I've realized that since I started my 2 other shrimp tanks, I haven't bought a single shirt. It's been like 3 months


----------



## peterpd99 (Oct 18, 2010)

Fashion is a thing of the past for me...I use to spend big bucks on clothing...now I have a wife, a kid and a hobby to feed.LOL...fashion is not a priority.


----------



## Darkblade48 (Jan 28, 2008)

Kerohime said:


> Ironically, nobody follows the rules in my institution lol, we hardly ever wear lab coats.


+1. Only when safety inspection comes around...


----------



## Riceburner (Mar 14, 2008)

don't believe in the "F" word.....

I prefer jeans, t shirts and sweat shirts, but have suits etc. for when I have to.

need a new winter coat next year though....


----------



## Kerohime (Jan 10, 2011)

Darkblade48 said:


> +1. Only when safety inspection comes around...


Amen!
I actually got caught the first time the safety inspection people came. I got out of my office and was like.. "err.. why is everyone wearing lab coats?" lol


----------



## Ciddian (Mar 15, 2006)

I wear whatever fits and is clean. LOL

Mainly jeans and some sort of nice non formal shirt.

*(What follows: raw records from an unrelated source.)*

-- ===== src/Vcdiff/Target/Read.antt =====
-- Reading the output back gives exactly its bytes and leaves the writer at its end.
use rust_crates.Prelude.{
  ℕ, zero, suc, ◌+◌, ◌-◌, ◌≤◌, ◌<◌, ◌≡◌, refl, sym, ap, ap₂, ◌∙◌, subst, List, [], ◌∷◌, ◌++◌, arith,
  true, append-nil, Bool-cases, inl, inr,
}
use rust_crates.Prelude.{
  IsU64, length, take, drop, length-take, length-drop, drop-drop, take-take-drop, ◌==◌, ==_iff, ltb,
  lt→ltb,
}
use rust_crates.Vcdiff.Error.{ok, ByteRange, DecodeContext}
use rust_crates.Vcdiff.Stream.{Stream, WritesBytes, done}
use rust_crates.Vcdiff.Target.{
  TargetWriter, io_buffer_size, read_loop, read_target, seek_if_elsewhere, flush_target,
  seek_target, after_seek, after_flush,
}
use rust_crates.Vcdiff.Target.Drain.{Writing, Kept, Drained, drain_pending_lem}

nonempty : (l : List ℕ) → 0 < length l → (b : ℕ) × (rest : List ℕ) × (l ≡ b ∷ rest)
nonempty [] h = absurd (omega arith)
nonempty (b ∷ rest) h = (b, rest, refl)

module _ {T : Stream} (law : WritesBytes T) where
  -- Nothing is pending, the target holds `content`, flushed, and stands at `at`.
  record Standing (content : List ℕ) (at : ℕ) (w : TargetWriter T) : Type 0 where
    holds : law.bytes w.target ≡ content
    place : w.physical_pos ≡ at
    stands : law.position w.target ≡ at
    empty : w.pending ≡ []
    flushed : law.IsFlushed w.target

  Kept-refl : (w : TargetWriter T) → Kept law w w
  Kept-refl w = record {
    adler_kept = refl;
    scratch_kept = refl;
    len_kept = refl;
    window_kept = refl;
    context_kept = refl;
  }

  read_loop_lem :
      (fuel wanted at : ℕ) (content : List ℕ) (range : ByteRange) (w : TargetWriter T)
      → wanted ≤ fuel
      → Standing content at w
      → at + wanted ≤ length content
      → IsU64 (length content)
      → (w' : TargetWriter T) × (read_loop fuel wanted range w
          ≡ ok (take wanted (drop at content), w'))
        × Standing content (at + wanted) w'
        × Kept law w w'
  unfolding read_loop
  read_loop_lem fuel zero at content range w f s h u =
      let e : at ≡ at + 0 = omega arith in
      (w, refl, subst (λ (n : ℕ). Standing content n w) e s, Kept-refl w)
  read_loop_lem zero (suc wanted) at content range w f s h u = absurd (omega arith)
  read_loop_lem (suc fuel) (suc wanted) at content range w f s h u =
      let k : ℕ = law.read_count (suc wanted) w.target in
      let next : T.State = law.read_next (suc wanted) w.target in
      let positive : 0 < k =
        law.read_some (suc wanted) w.target (omega arith) (rw s.holds (omega (arith, s.stands))) in
      let fits : k ≤ suc wanted = law.read_fits (suc wanted) w.target in
      let got : List ℕ = take k (drop at content) in
      let size : length got ≡ k =
        omega (arith, length-take k (drop at content), length-drop at content) in
      let (b, bs, shape) = nonempty got (omega arith) in
      let gives : T.read (suc wanted) w.target ≡ (done (b ∷ bs), next) =
        law.read_gives (suc wanted) w.target s.flushed (rw s.holds (omega (arith, s.stands)))
          (rw s.holds u)
        ∙ (λ j. (done (take k (drop (s.stands j) (s.holds j))), next))
        ∙ (λ j. (done (shape j), next)) in
      let count : suc (length bs) ≡ k = sym (ap (λ (l : List ℕ). length l) shape) ∙ size in
      let room : ltb (w.physical_pos + suc (length bs)) 0x1_0000_0000_0000_0000 ≡ true =
        lt→ltb _ _ (omega (arith, s.place)) in
      let w1 : TargetWriter T = record w {
        target = next;
        physical_pos = w.physical_pos + suc (length bs);
      } in
      let (w', e', s', kept) =
        read_loop_lem fuel (suc wanted - suc (length bs)) (at + k) content range w1 (omega arith)
          (record {
            holds = law.read_keeps (suc wanted) w.target ∙ s.holds;
            place = omega (arith, s.place);
            stands = omega (arith, law.read_moves (suc wanted) w.target, s.stands);
            empty = s.empty;
            flushed = law.read_ready (suc wanted) w.target s.flushed;
          })
          (omega arith) u in
      let left : suc wanted - suc (length bs) ≡ suc wanted - k = omega arith in
      let sum : k + (suc wanted - suc (length bs)) ≡ suc wanted = omega arith in
      let ends : at + k + (suc wanted - suc (length bs)) ≡ at + suc wanted = omega arith in
      let whole : (b ∷ bs) ++ take (suc wanted - suc (length bs)) (drop (at + k) content)
          ≡ take (suc wanted) (drop at content) =
        ap₂ (λ (x y : List ℕ). x ++ take (suc wanted - suc (length bs)) y) (sym shape)
          (sym (drop-drop at k content))
        ∙ take-take-drop k (suc wanted - suc (length bs)) (drop at content)
        ∙ ap (λ (n : ℕ). take n (drop at content)) sum in
      (
        w',
        rw (gives, room, e') (λ j. ok (whole j, w')),
        subst (λ (n : ℕ). Standing content n w') ends s',
        record {
          adler_kept = kept.adler_kept;
          scratch_kept = kept.scratch_kept;
          len_kept = kept.len_kept;
          window_kept = kept.window_kept;
          context_kept = kept.context_kept;
        },
      )

  seek_if_elsewhere_lem :
      (at from : ℕ) (content : List ℕ) (range : ByteRange) (w : TargetWriter T)
      → Standing content from w
      → (w' : TargetWriter T) × (seek_if_elsewhere at range w ≡ ok w')
        × Standing content at w'
        × Kept law w w'
  unfolding seek_if_elsewhere seek_target after_seek
  seek_if_elsewhere_lem at from content range w s = elim (Bool-cases (w.physical_pos == at)) [
    | inl there ↦
        let e : from ≡ at = sym s.place ∙ (==_iff w.physical_pos at).0 there in
        (w, rw there, subst (λ (n : ℕ). Standing content n w) e s, Kept-refl w)
    | inr elsewhere ↦ (
      record w { target = law.seek_next at w.target; physical_pos = at },
      rw (elsewhere, law.seek_gives at w.target s.flushed, (==_iff at at).1 refl),
      record {
        holds = law.seek_keeps at w.target ∙ s.holds;
        place = refl;
        stands = law.seek_moves at w.target;
        empty = s.empty;
        flushed = law.seek_ready at w.target s.flushed;
      },
      record {
        adler_kept = refl;
        scratch_kept = refl;
        len_kept = refl;
        window_kept = refl;
        context_kept = refl;
      },
    )
  ]

  Kept-trans : {w m w' : TargetWriter T} → Kept law w m → Kept law m w' → Kept law w w'
  Kept-trans p q = record {
    adler_kept = q.adler_kept ∙ p.adler_kept;
    scratch_kept = q.scratch_kept ∙ p.scratch_kept;
    len_kept = q.len_kept ∙ p.len_kept;
    window_kept = q.window_kept ∙ p.window_kept;
    context_kept = q.context_kept ∙ p.context_kept;
  }

  -- A read of bytes that were written before gives exactly those bytes of the output, whether they
  -- were pending or not, and leaves a drained writer with the same output, sum and scratch buffer.
  -- The target keeps the promises of the traits, and need not show what is written before it is
  -- flushed; afterwards it is flushed. The fuel is no less than the I/O buffer and than the bytes
  -- that are asked for.
  pub read_target_lem :
      (fuel start wanted : ℕ) (out : List ℕ) (context : DecodeContext) (w : TargetWriter T)
      → io_buffer_size ≤ fuel
      → wanted ≤ fuel
      → start + wanted ≤ length out
      → Writing law out w
      → (w' : TargetWriter T) × (read_target fuel start wanted context w
          ≡ ok (take wanted (drop start out), w'))
        × Drained law out (record w { context = context }) w'
        × law.IsFlushed w'.target
  unfolding read_target flush_target after_flush
  read_target_lem fuel start wanted out context w f small inside v =
      let w0 : TargetWriter T = record w { context = context } in
      let v0 : Writing law out w0 = record {
        sized = v.sized;
        len_known = v.len_known;
        content = v.content;
        at_end = v.at_end;
        stands = v.stands;
        pending_small = v.pending_small;
      } in
      let (m, e, d) = drain_pending_lem law fuel out w0 f v0 in
      let flushed : TargetWriter T = record m { target = law.flush_next m.target } in
      let full : law.bytes m.target ≡ out =
        sym (append-nil (law.bytes m.target))
        ∙ ap (λ l. law.bytes m.target ++ l) (sym d.empty)
        ∙ d.writing.content in
      let end : length (law.bytes m.target) ≡ length out = ap (λ (l : List ℕ). length l) full in
      let range : ByteRange = record { start = start; len = wanted } in
      let s0 : Standing out (length out) flushed = record {
        holds = law.flush_keeps m.target ∙ full;
        place = d.writing.at_end ∙ end;
        stands = law.flush_stays m.target ∙ d.writing.stands ∙ d.writing.at_end ∙ end;
        empty = d.empty;
        flushed = law.flush_ready m.target;
      } in
      let (p, e1, s1, k1) = seek_if_elsewhere_lem start (length out) out range flushed s0 in
      let (r, e2, s2, k2) = read_loop_lem fuel wanted start out range p small s1 inside v.sized in
      let (z, e3, s3, k3) = seek_if_elsewhere_lem r.logical_len (start + wanted) out range r s2 in
      let kept : Kept law flushed z = Kept-trans k1 (Kept-trans k2 k3) in
      let len : r.logical_len ≡ length out = k2.len_kept ∙ k1.len_kept ∙ d.writing.len_known in
      (
        z,
        rw (e, law.flush_gives m.target, e1, e2, e3),
        record {
          writing = record {
            sized = v.sized;
            len_known = k3.len_kept ∙ len;
            content = ap₂ (λ (x y : List ℕ). x ++ y) s3.holds s3.empty ∙ append-nil out;
            at_end = s3.place ∙ len ∙ sym (ap (λ (l : List ℕ). length l) s3.holds);
            stands = s3.stands ∙ sym s3.place;
            pending_small = omega (arith, ap (λ (l : List ℕ). length l) s3.empty);
          };
          empty = s3.empty;
          kept = record {
            adler_kept = kept.adler_kept ∙ d.kept.adler_kept;
            scratch_kept = kept.scratch_kept ∙ d.kept.scratch_kept;
            len_kept = kept.len_kept ∙ d.kept.len_kept;
            window_kept = kept.window_kept ∙ d.kept.window_kept;
            context_kept = kept.context_kept ∙ d.kept.context_kept;
          };
        },
        s3.flushed,
      )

I have a kiddo and a fiance I gotta take care of so I don't really focus on me much at all. :/

I get excited when I get some new socks. That's how life is for me atm. lol


----------



## Riceburner (Mar 14, 2008)

getting new socks and underwear for Christmas is more fun now than when you were a kid.... lol


----------



## Ciddian (Mar 15, 2006)

HAHa!! It is! XD


----------



## ameekplec. (May 1, 2008)

Ciddian said:


> I get excited when I get some new socks. That's how life is for me atm. lol


I love new socks!! Especially when they're still thick and fluffy. But occaisionally they get together with the wood floor and plot to kill me, but besides that, I love new socks too!


----------



## ameekplec. (May 1, 2008)

Kerohime said:


> Amen!
> I actually got caught the first time the safety inspection people came. I got out of my office and was like.. "err.. why is everyone wearing lab coats?" lol


haha! The first week into my Master's our lab got inspected for compliance...and I just happened to walk in in shorts and birkenstocks


----------



## shark (Jan 28, 2009)

dickies and a tee shirt sometimes golf shirt


----------



## george (Apr 11, 2009)

Business casual or business formal. Lucky with all the suits sales


----------